Geral
Crianças e adolescentes que vivem sob o domínio de milícias ou do tráfico na Região Metropolitana do Rio de Janeiro estão aprendendo menos e abandonando mais a escola. É o que revela o estudo “Educação Sob Cerco”, lançado por UNICEF, Instituto Fogo Cruzado, GENI/UFF e CERES/IESP.
A pesquisa mostra que estudantes dessas áreas têm desempenho até 10 pontos inferior no SAEB em comparação com colegas de regiões não dominadas, o que equivale a uma defasagem de aproximadamente seis meses de aprendizado.
O levantamento analisou o desempenho em Língua Portuguesa e Matemática nos 5º e 9º anos do ensino fundamental e constatou um percentual alarmante de estudantes classificados como “abaixo do básico”, chegando a 38,7% em determinadas áreas sob controle armado.

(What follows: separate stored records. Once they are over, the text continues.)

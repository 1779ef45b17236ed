-- ===== src/Services/UserProvided.antt =====
-- controllers/controllers/services/instances/upsi/controller.go: the reconciler of user-provided
-- service instances, with the fields that it reads or writes.
pub mod Settled
use korifi.Base.{
  ℕ, String, List, [], ◌∷◌, Bool, true, false, not, ◌&&◌, Option, none, some, ◌==◌, concat, eqb,
  if◌then◌else◌,
}
use korifi.Base.Int.{ℤ, pos}
use korifi.Kube.Errors.{ApiError, Result, ok, err, is_not_found}
use korifi.Kube.NotReady.{
  GoError, NotReadyError, not_ready_because, other_error, wrapping, new_not_ready_error,
  with_reason, with_no_requeue, with_requeue_after,
}
use korifi.Services.Assets.{from_api_error}
use korifi.Services.Instances.World.{LastOperation, FinalizersApi, NamespacedName}
use korifi.Services.Instances.Release.{instance_finalizer}

pub record UserProvided : Type 0 where
  pub name : String
  pub namespace : String
  pub generation : ℕ
  pub deletion_timestamp : ℕ  -- 0 for the zero time
  pub finalizers : List String
  pub secret_name : String
  pub observed_generation : ℕ
  pub credentials : String
  pub credentials_observed_version : String
  pub last_operation : LastOperation

pub record CredentialsSecret : Type 0 where
  pub name : String
  pub resource_version : String
  pub credentials : Option String

-- `unmarshal` is the error of decoding the credentials, and `ensure_no_service_bindings` that of
-- instances/finalize.go for the instance.
pub record UserWorld : Type 0 where
  pub get_secret : NamespacedName → Result ApiError CredentialsSecret
  pub unmarshal : Option String → Option GoError
  pub ensure_no_service_bindings : NamespacedName → Option GoError
  pub quote : String → String  -- the verb `%q`

abbrev pub operation : String → String → LastOperation
operation operation_type state = record {
  operation_type = operation_type;
  state = state;
  description = "";
}

abbrev pub reconcile_last_operation : UserProvided → CredentialsSecret → LastOperation
reconcile_last_operation i secret =
    if i.credentials_observed_version == ""
    then operation "create" "succeeded"
    else if not (i.credentials_observed_version == secret.resource_version)
        && not (i.credentials_observed_version == "")
    then operation "update" "succeeded"
    else i.last_operation

abbrev secret_unavailable : ApiError → NotReadyError
secret_unavailable e =
    let why = with_reason "CredentialsSecretNotAvailable" new_not_ready_error in
    if is_not_found e then with_requeue_after (pos 2000000000) why else why

module _ (world : UserWorld) (finalizers : FinalizersApi) where
  abbrev pub key_of : UserProvided → NamespacedName
  key_of i = record { namespace = i.namespace; name = i.secret_name }

  abbrev validate_credentials : CredentialsSecret → Option GoError
  validate_credentials secret = world.unmarshal secret.credentials

  abbrev pub validated :
      UserProvided → CredentialsSecret → Option GoError → UserProvided × Option GoError
  validated i secret (some e) = (
    record i { last_operation = operation "create" "failed" },
    some (
        not_ready_because (with_no_requeue (with_reason "SecretInvalid" new_not_ready_error))
          (wrapping (concat ("invalid credentials secret " ∷ world.quote secret.name ∷ [])) e)),
  )
  validated i secret none = (
    record i {
      credentials = secret.name;
      last_operation = reconcile_last_operation i secret;
      credentials_observed_version = secret.resource_version;
    },
    none,
  )

  abbrev pub with_secret :
      UserProvided → Result ApiError CredentialsSecret → UserProvided × Option GoError
  with_secret i (err e) = (i, some (not_ready_because (secret_unavailable e) (from_api_error e)))
  with_secret i (ok secret) = validated i secret (validate_credentials secret)

  abbrev unbound : UserProvided → Option GoError → UserProvided × Option GoError
  unbound i (some e) = (i, some e)
  unbound i none =
      (record i { finalizers = finalizers.remove_finalizer i.finalizers instance_finalizer }, none)

  unfoldable pub finalize_cf_service_instance : UserProvided → UserProvided × Option GoError
  finalize_cf_service_instance i =
      if finalizers.contains_finalizer i.finalizers instance_finalizer
      then unbound i
          (world.ensure_no_service_bindings (record { namespace = i.namespace; name = i.name }))
      else (i, none)

  -- The instance and the error; the result is always the empty one.
  unfoldable pub reconcile_resource : UserProvided → UserProvided × Option GoError
  reconcile_resource i =
      let observed = record i { observed_generation = i.generation } in
      if eqb i.deletion_timestamp 0
      then with_secret observed (world.get_secret (key_of observed))
      else finalize_cf_service_instance observed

Já em regiões não dominadas, esse índice é de apenas 19%.
O impacto vai além das notas. Em 2022, o abandono escolar no 3º ano do ensino médio foi 7,2% em escolas localizadas em áreas sem domínio de facções, enquanto nas dominadas os índices chegaram a 9,6%.
Na capital, onde o tráfico predomina, o abandono atingiu 12,5%. O estudo destaca que episódios de violência armada, especialmente confrontos com presença policial, elevam ainda mais as taxas de evasão.

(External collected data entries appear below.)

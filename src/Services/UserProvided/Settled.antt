-- ===== src/Services/UserProvided/Settled.antt =====
-- User-provided instances whose secret stays as it is
-- (controllers/controllers/services/instances/upsi/controller.go).
use korifi.Base.{◌≡◌, ◌≢◌, refl, sym, ap, ◌∙◌, subst, Option, none, eq_iff, eqb, arith, if_true}
use korifi.Kube.Errors.{ok}
use korifi.Kube.NotReady.{GoError}
use korifi.Services.Instances.World.{LastOperation, FinalizersApi}
use korifi.Services.UserProvided.{
  UserProvided, CredentialsSecret, UserWorld, reconcile_last_operation, key_of, validated,
  with_secret, reconcile_resource,
}

-- The operation that was recorded stays when the version that was observed is the secret's.
operation_stays :
    (i : UserProvided) (secret : CredentialsSecret)
    → i.credentials_observed_version ≡ secret.resource_version
    → secret.resource_version ≢ ""
    → reconcile_last_operation i secret ≡ i.last_operation
operation_stays i secret same versioned = ground (
  arith,
  eq_iff i.credentials_observed_version "",
  eq_iff i.credentials_observed_version secret.resource_version,
  same,
  versioned,
)

module _ (world : UserWorld) (finalizers : FinalizersApi) where
  -- The reconciliation succeeds with this secret.
  pub Reconciles : UserProvided → CredentialsSecret → Type 0
  Reconciles i secret =
      (world.get_secret (key_of world finalizers i) ≡ ok secret)
      × (world.unmarshal secret.credentials ≡ none)
      × (i.deletion_timestamp ≡ 0)

  reconciled :
      (i : UserProvided) (secret : CredentialsSecret)
      → Reconciles i secret
      → reconcile_resource world finalizers i
        ≡ validated world finalizers (record i { observed_generation = i.generation }) secret none
  unfolding reconcile_resource Reconciles
  reconciled i secret (got, valid, kept) =
      let observed = record i { observed_generation = i.generation } in
      if_true (eqb i.deletion_timestamp 0) _ _ (ap (λ t. eqb t 0) kept)
      ∙ ap (with_secret world finalizers observed) got
      ∙ ap (validated world finalizers observed secret) valid

  -- An instance that is not being deleted, whose secret has a version, is found and can be decoded:
  -- its reconciliation ends without an error, with the name and the version of that secret, and
  -- as long as the secret stays the same, another reconciliation changes nothing.
  pub reconcile_settles :
      (i : UserProvided) (secret : CredentialsSecret)
      → world.get_secret (key_of world finalizers i) ≡ ok secret
      → world.unmarshal secret.credentials ≡ none
      → i.deletion_timestamp ≡ 0
      → secret.resource_version ≢ ""
      → let next = (reconcile_resource world finalizers i).0 in
        ((reconcile_resource world finalizers i).1 ≡ none)
        × (next.credentials ≡ secret.name)
        × (next.credentials_observed_version ≡ secret.resource_version)
        × (reconcile_resource world finalizers next ≡ (next, none))
  unfolding Reconciles
  reconcile_settles i secret got valid kept versioned =
      let observed = record i { observed_generation = i.generation } in
      let first = validated world finalizers observed secret none in
      let stays = operation_stays first.0 secret refl versioned in
      let again : reconcile_resource world finalizers first.0 ≡ (first.0, none) =
        reconciled first.0 secret (got, valid, kept)
        ∙ ap (λ (o : LastOperation). (record first.0 { last_operation = o }, none)) stays in
      subst
        (λ (r : UserProvided × Option GoError).
          (r.1 ≡ none)
          × (r.0.credentials ≡ secret.name)
          × (r.0.credentials_observed_version ≡ secret.resource_version)
          × (reconcile_resource world finalizers r.0 ≡ (r.0, none)))
        (sym (reconciled i secret (got, valid, kept))) (refl, refl, refl, again)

Conflitos próximos às escolas agravam crise educacional
Locais com três ou mais confrontos armados ao longo do ano apresentaram taxa de abandono superior a 10%. A média de evasão em escolas que não registraram confrontos foi de 7,7%. Em 2022, foram 4.400 tiroteios próximos a escolas no Grande Rio, afetando 46% das unidades de ensino. Uma escola em São Gonçalo liderou o ranking com 18 registros, o equivalente a um confronto a cada duas semanas.

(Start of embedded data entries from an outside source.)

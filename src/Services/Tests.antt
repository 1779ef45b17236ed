-- ===== src/Services/Tests.antt =====
-- Managed services at concrete instances, over a broker that works asynchronously.
use korifi.Base.{
  some, ℕ, String, List, [], ◌∷◌, ◌++◌, ◌≡◌, refl, Bool, true, false, none, ◌==◌, inl, inr,
  Bool-cases, if◌then◌else◌,
}
use korifi.Kube.Errors.{ApiError, Reason, Result, ok, err}
use korifi.Kube.Conditions.{Condition}
use korifi.Kube.Listed.{listed_conditions}
use korifi.Services.Broker.{BrokerClient, BrokerError, gone_error, ProvisionResponse}
use korifi.Kube.Reconcile.{modify, outcome}
use korifi.Services.Assets.{get_service_instance_assets, Catalog, CfServicePlan}
use korifi.Services.Instances.World.{CfServiceInstance, InstanceWorld, FinalizersApi, BrokerCall}
use korifi.Services.Instances.Release.{instance_finalizer}
use korifi.Services.Instances.Provision.{
  get_service_instance_parameters, is_service_plan_visible, provision_service_instance,
  poll_last_operation, process_provision_operation,
}
use korifi.Services.Instances.Reconciler.{is_ready, is_failed, reconcile_resource}
use korifi.Services.Instances.Lifecycle.{Phase, Course, Made}
use korifi.Services.Instances.Refines.{phase, Consistent, after}
use korifi.Services.Instances.Story.{
  Story, begun, reconciled, Story-Course, Story-silent, Story-Made,
}
use korifi.Services.Instances.Released.{LetGo, deletion-LetGo}
use korifi.Services.UserProvided
use korifi.Services.UserProvided.{UserProvided, CredentialsSecret, UserWorld}
use korifi.Services.UserProvided.Settled.{reconcile_settles}
use korifi.Base.{◌≢◌, arith, eq_iff}

abbrev not_there : ApiError
not_there = record { reason = Reason.not_found; message = "not found" }

abbrev has : List String → String → Bool
has [] f = false
has (x ∷ xs) f = if x == f then true else has xs f

abbrev without : List String → String → List String
without [] f = []
without (x ∷ xs) f = let rest = without xs f in if x == f then rest else x ∷ rest

has-without : (fs : List String) (f : String) → has (without fs f) f ≡ false
has-without [] f = refl
has-without (x ∷ xs) f = elim (Bool-cases (x == f)) [
  | inl is ↦ rw is (has-without xs f)
  | inr other ↦ rw (other, other) (has-without xs f)
]

abbrev finalizers : FinalizersApi
finalizers = record {
  contains_finalizer = has;
  remove_finalizer = without;
  contains-remove = has-without;
}

abbrev plan : CfServicePlan
plan = record {
  name = "plan";
  labels = [];
  broker_catalog_id = "plan-id";
  maintenance_version = "2";
  visibility_type = "public";
  visibility_organizations = [];
}

abbrev catalog : Catalog
catalog = record {
  get_plan = λ guid. ok plan;
  get_broker = λ guid. ok (record {
    name = "broker";
    namespace = "cf";
    url = "https://broker";
    credentials_name = "c";
  });
  get_offering = λ guid.
      ok (record { name = "offering"; display_name = "db"; broker_catalog_id = "service-id" });
  quote = λ s. s;
}

abbrev client : Result BrokerError ProvisionResponse → String → BrokerClient ℕ
client answer state = record {
  provision = λ p. answer;
  deprovision = λ p. ok (record { is_async = true; operation = "op" });
  get_service_instance_last_operation = λ r. ok (record { state = state; description = "" });
  bind = λ p. err gone_error;
  unbind = λ p. err gone_error;
  get_service_binding_last_operation = λ r. err gone_error;
}

abbrev world : Result BrokerError ProvisionResponse → String → InstanceWorld ℕ
world answer state = record {
  catalog = catalog;
  create_client = λ broker. ok (client answer state);
  get_secret = λ n. err not_there;
  unmarshal_parameters = λ content. ok none;
  get_namespace = λ n. ok [];
  list_bindings = λ n. ok [];
  delete_binding = λ n. none;
  print = λ n. "";
}

abbrev started : Result BrokerError ProvisionResponse
started = ok (record { is_async = true; operation = "op" })

abbrev service : ℕ → List Condition → CfServiceInstance
service deletion_timestamp conditions = record {
  name = "service";
  namespace = "space";
  generation = 1;
  deletion_timestamp = deletion_timestamp;
  finalizers = instance_finalizer ∷ "other" ∷ [];
  annotations = [];
  instance_type = "managed";
  plan_guid = "plan";
  parameters_name = "";
  service_label = none;
  observed_generation = 0;
  conditions = conditions;
  last_operation = record { operation_type = ""; state = ""; description = "" };
  maintenance_version = "";
  credentials_name = "";
  upgrade_available = false;
}

abbrev failed_condition : Condition
failed_condition = record {
  condition_type = "ProvisioningFailed";
  status = "True";
  reason = "ProvisionFailed";
  message = "";
  observed_generation = 1;
  last_transition_time = 2;
}

-- The operation goes on at 3, and has succeeded at 4.
abbrev second : CfServiceInstance
second = after listed_conditions (world started "in progress") 3 finalizers (service 0 [])

abbrev third : CfServiceInstance
third = after listed_conditions (world started "succeeded") 4 finalizers second

abbrev asked : List BrokerCall
asked =
    ([]
      ++ (reconcile_resource listed_conditions (world started "in progress") 3 finalizers
          (service 0 [])).calls)
    ++ (reconcile_resource listed_conditions (world started "succeeded") 4 finalizers second).calls

provisioning-Story : Story ℕ listed_conditions finalizers (service 0 []) asked third
unfolding reconcile_resource modify get_service_instance_assets is_ready is_failed
    is_service_plan_visible provision_service_instance poll_last_operation
    process_provision_operation get_service_instance_parameters outcome
provisioning-Story =
    reconciled (reconciled begun (world started "in progress") 3 refl) (world started "succeeded") 4
      refl

new-Consistent : Consistent listed_conditions (service 0 [])
unfolding Consistent
new-Consistent h = refl

Story-Course_example :
    Course (phase listed_conditions (service 0 [])) asked (phase listed_conditions third)
    × Consistent listed_conditions third
Story-Course_example =
    Story-Course ℕ listed_conditions finalizers (service 0 []) third asked new-Consistent
      provisioning-Story

third_ready : phase listed_conditions third ≡ Phase.ready
unfolding reconcile_resource modify get_service_instance_assets is_ready is_failed
    is_service_plan_visible provision_service_instance poll_last_operation
    process_provision_operation get_service_instance_parameters outcome
third_ready = refl

Story-Made_example : Made asked
Story-Made_example =
    Story-Made ℕ listed_conditions finalizers (service 0 []) third asked new-Consistent refl
      provisioning-Story third_ready

abbrev broken : CfServiceInstance
broken = service 0 (failed_condition ∷ [])

abbrev silence : List BrokerCall
silence =
    []
    ++ (reconcile_resource listed_conditions (world started "succeeded") 3 finalizers broken).calls

broken-Consistent : Consistent listed_conditions broken
unfolding Consistent
broken-Consistent h = cc

Story-silent_example :
    (silence ≡ [])
    × (phase listed_conditions
          (after listed_conditions (world started "succeeded") 3 finalizers broken)
        ≡ Phase.failed)
Story-silent_example =
    Story-silent ℕ listed_conditions finalizers broken
      (after listed_conditions (world started "succeeded") 3 finalizers broken) silence
      broken-Consistent refl (reconciled begun (world started "succeeded") 3 refl)

deletion-LetGo_example :
    LetGo listed_conditions
      (world started "succeeded")
      6
      finalizers
      (service 5 [])
      (reconcile_resource listed_conditions (world started "succeeded") 6 finalizers (service 5 []))
deletion-LetGo_example =
    deletion-LetGo listed_conditions (world started "succeeded") 6 finalizers (service 5 []) refl
      refl

abbrev credentials : CredentialsSecret
credentials = record { name = "credentials"; resource_version = "7"; credentials = some "{}" }

abbrev user_world : UserWorld
user_world = record {
  get_secret = λ n. ok credentials;
  unmarshal = λ content. none;
  ensure_no_service_bindings = λ n. none;
  quote = λ s. s;
}

abbrev provided : UserProvided
provided = record {
  name = "provided";
  namespace = "space";
  generation = 1;
  deletion_timestamp = 0;
  finalizers = instance_finalizer ∷ [];
  secret_name = "credentials";
  observed_generation = 0;
  credentials = "";
  credentials_observed_version = "";
  last_operation = record { operation_type = ""; state = ""; description = "" };
}

versioned : ◌≢◌ {A = String} "7" ""
versioned = ground (arith, eq_iff "7" "")

reconcile_settles_example :
    let next = (UserProvided.reconcile_resource user_world finalizers provided).0 in
    ((UserProvided.reconcile_resource user_world finalizers provided).1 ≡ none)
    × (next.credentials ≡ "credentials")
    × (next.credentials_observed_version ≡ "7")
    × (UserProvided.reconcile_resource user_world finalizers next ≡ (next, none))
reconcile_settles_example =
    reconcile_settles user_world finalizers provided credentials refl refl refl versioned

A violência armada funciona como uma desvantagem cumulativa, que corrói os esforços familiares e os recursos educacionais. “Mais que risco imediato, a violência crônica destrói o futuro dos estudantes”, afirma Flavia Antunes Michaud, chefe do escritório do UNICEF no Rio.
Para Maria Isabel Couto, diretora de Dados do Instituto Fogo Cruzado, o impacto das ações policiais é especialmente danoso. “A presença das forças de segurança, quando mal planejada, afasta os estudantes das salas de aula. Políticas públicas devem proteger direitos, não ameaçá-los.”
Recomendações exigem atuação conjunta e intersetorial
O estudo recomenda enfrentar o controle territorial armado, assegurar trajetos escolares seguros e incluir a violência armada nas políticas públicas de educação, saúde e assistência social.
Propõe ainda criar mecanismos de governança integrados, desenvolver indicadores que cruzem dados de segurança e educação, garantir os 200 dias letivos e rever o tratamento da mídia sobre o tema.
Daniel Hirata, coordenador do GENI/UFF, aponta que o estudo permite objetivar um problema antes conhecido apenas de forma empírica. “As crianças em áreas dominadas aprendem metade do esperado no ano letivo. Precisamos de alternativas de segurança pública que protejam a educação.”
Sobre os autores e organizações envolvidas
O relatório faz parte da série Educação Sob Cerco, iniciada em maio de 2025, que investiga os efeitos da violência armada na educação pública do Grande Rio. A pesquisa foi desenvolvida pelo UNICEF, Instituto Fogo Cruzado, GENI/UFF e CERES/IESP, com base em dados do SAEB, IDEB e registros de confrontos armados.
Organizações como o Fogo Cruzado, que mantém o único banco de dados abertos sobre tiroteios da América Latina, e o GENI/UFF, que estuda ilegalismos e conflitos sociais, somaram esforços ao UNICEF, que há 75 anos atua pela garantia dos direitos de crianças e adolescentes no Brasil.